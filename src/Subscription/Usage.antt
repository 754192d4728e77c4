-- ===== src/Subscription/Usage.antt =====
-- internal/subscription/service.go: `ConsumeActionUsageTx` and `Usage`.
use dating_app_backend.Prelude.{
  ℕ, ◌+◌, ◌-◌, Bool, true, false, ◌&&◌, Option, none, some, List, ◌∷◌, if◌then◌else◌, leb, ◌==◌,
  find_first, exists, update_where, Handler, query, exec, or_throw, lift, pure, throw, ◌>>=◌, ◌>>◌,
}
use dating_app_backend.Store.{
  ActionType, like, pass, super_like, Feature, like_daily, super_like_daily,
  audio_call_daily_seconds, video_call_daily_seconds, FeatureUsage,
}
use dating_app_backend.Subscription.Model.{
  SubscriptionError, like_limit_reached, super_like_limit_reached, database, Entitlements,
  UserSubscription,
}
use dating_app_backend.Subscription.Entitlements.{entitlements_at}

-- The statements of `ConsumeActionUsageTx`, by which a fault is named.
pub data UsageSite : Type 0 where
  read_subscription insert_usage lock_usage update_usage : UsageSite

abbrev pub same_feature : Feature → Feature → Bool
same_feature like_daily like_daily = true
same_feature super_like_daily super_like_daily = true
same_feature audio_call_daily_seconds audio_call_daily_seconds = true
same_feature video_call_daily_seconds video_call_daily_seconds = true
same_feature _ _ = false

-- `user_id = ? AND feature_key = ? AND usage_date = ?`, the unique key of the table.
abbrev pub is_usage_of : ℕ → Feature → ℕ → FeatureUsage → Bool
is_usage_of user feature date r =
    r.user_id == user && (same_feature r.feature_key feature && r.usage_date == date)

-- `INSERT ... ON CONFLICT DO NOTHING`
abbrev pub ensure_usage : ℕ → Feature → ℕ → ℕ → List FeatureUsage → List FeatureUsage
ensure_usage user feature date now rows =
    if exists (is_usage_of user feature date) rows
    then rows
    else record {
      user_id = user;
      feature_key = feature;
      usage_date = date;
      used_count = 0;
      used_seconds = 0;
      updated_at = now;
    }
      ∷ rows

abbrev pub with_count : ℕ → ℕ → FeatureUsage → FeatureUsage
with_count n now r = record r { used_count = n; updated_at = now }

-- From the limit on.
unfoldable pub consume_feature :
    (UsageSite → Bool)
    → ℕ
    → ℕ
    → Feature
    → ℕ
    → SubscriptionError
    → ℕ
    → Handler SubscriptionError (List FeatureUsage) (Unit {0})
consume_feature faults now user feature limit limit_error date =
    if leb limit 0 then throw limit_error else (do
      exec (faults insert_usage) database (ensure_usage user feature date now)
      found ← query (faults lock_usage) database (find_first (is_usage_of user feature date))
      usage ← or_throw found database
      if leb limit usage.used_count
          then throw limit_error
          else exec (faults update_usage) database (
              update_where (is_usage_of user feature date) (with_count (usage.used_count + 1) now)))

-- The parsed action type stands for the text, which the caller has normalised.
unfoldable pub consume_action_usage :
    (UsageSite → Bool)
    → List UserSubscription
    → ℕ
    → ℕ
    → ActionType
    → ℕ
    → Handler SubscriptionError (List FeatureUsage) (Unit {0})
consume_action_usage faults subscriptions now user t date = do
  read ← query (faults read_subscription) database (λ _. entitlements_at user now subscriptions)
  snapshot ← lift read
  elim t [
    | like ↦
        consume_feature faults now user like_daily snapshot.entitlements.daily_like_limit
          like_limit_reached date
    | super_like ↦
        consume_feature faults now user super_like_daily
          snapshot.entitlements.daily_super_like_limit super_like_limit_reached date
    | pass ↦ pure tt
  ]

-- `remaining`
unfoldable pub remaining : ℕ → ℕ → ℕ
remaining limit used = if leb used limit then limit - used else 0

-- `usageCounts`: a missing row counts as zero.
abbrev pub used_count_of : Option FeatureUsage → ℕ
used_count_of none = 0
used_count_of (some r) = r.used_count

abbrev pub used_seconds_of : Option FeatureUsage → ℕ
used_seconds_of none = 0
used_seconds_of (some r) = r.used_seconds

abbrev pub usage_of : ℕ → Feature → ℕ → List FeatureUsage → Option FeatureUsage
usage_of user feature date rows = find_first (is_usage_of user feature date) rows

pub record UsageResponse : Type 0 where
  pub likes_used : ℕ
  pub super_likes_used : ℕ
  pub audio_call_seconds_used : ℕ
  pub video_call_seconds_used : ℕ
  pub likes_remaining : ℕ
  pub super_likes_remaining : ℕ
  pub audio_call_seconds_remaining : ℕ
  pub video_call_seconds_remaining : ℕ

unfoldable pub usage_response : Entitlements → ℕ → ℕ → List FeatureUsage → UsageResponse
usage_response e user date rows =
    let likes = used_count_of (usage_of user like_daily date rows) in
    let super_likes = used_count_of (usage_of user super_like_daily date rows) in
    let audio = used_seconds_of (usage_of user audio_call_daily_seconds date rows) in
    let video = used_seconds_of (usage_of user video_call_daily_seconds date rows) in
    record {
      likes_used = likes;
      super_likes_used = super_likes;
      audio_call_seconds_used = audio;
      video_call_seconds_used = video;
      likes_remaining = remaining e.daily_like_limit likes;
      super_likes_remaining = remaining e.daily_super_like_limit super_likes;
      audio_call_seconds_remaining = remaining e.daily_call_limit_seconds audio;
      video_call_seconds_remaining = remaining e.daily_call_limit_seconds video;
    }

——

For the word "UsageResponse", count the lines of the listing that hold it, and reply with the count by itself.

### RESPONSE TO THE TASK
2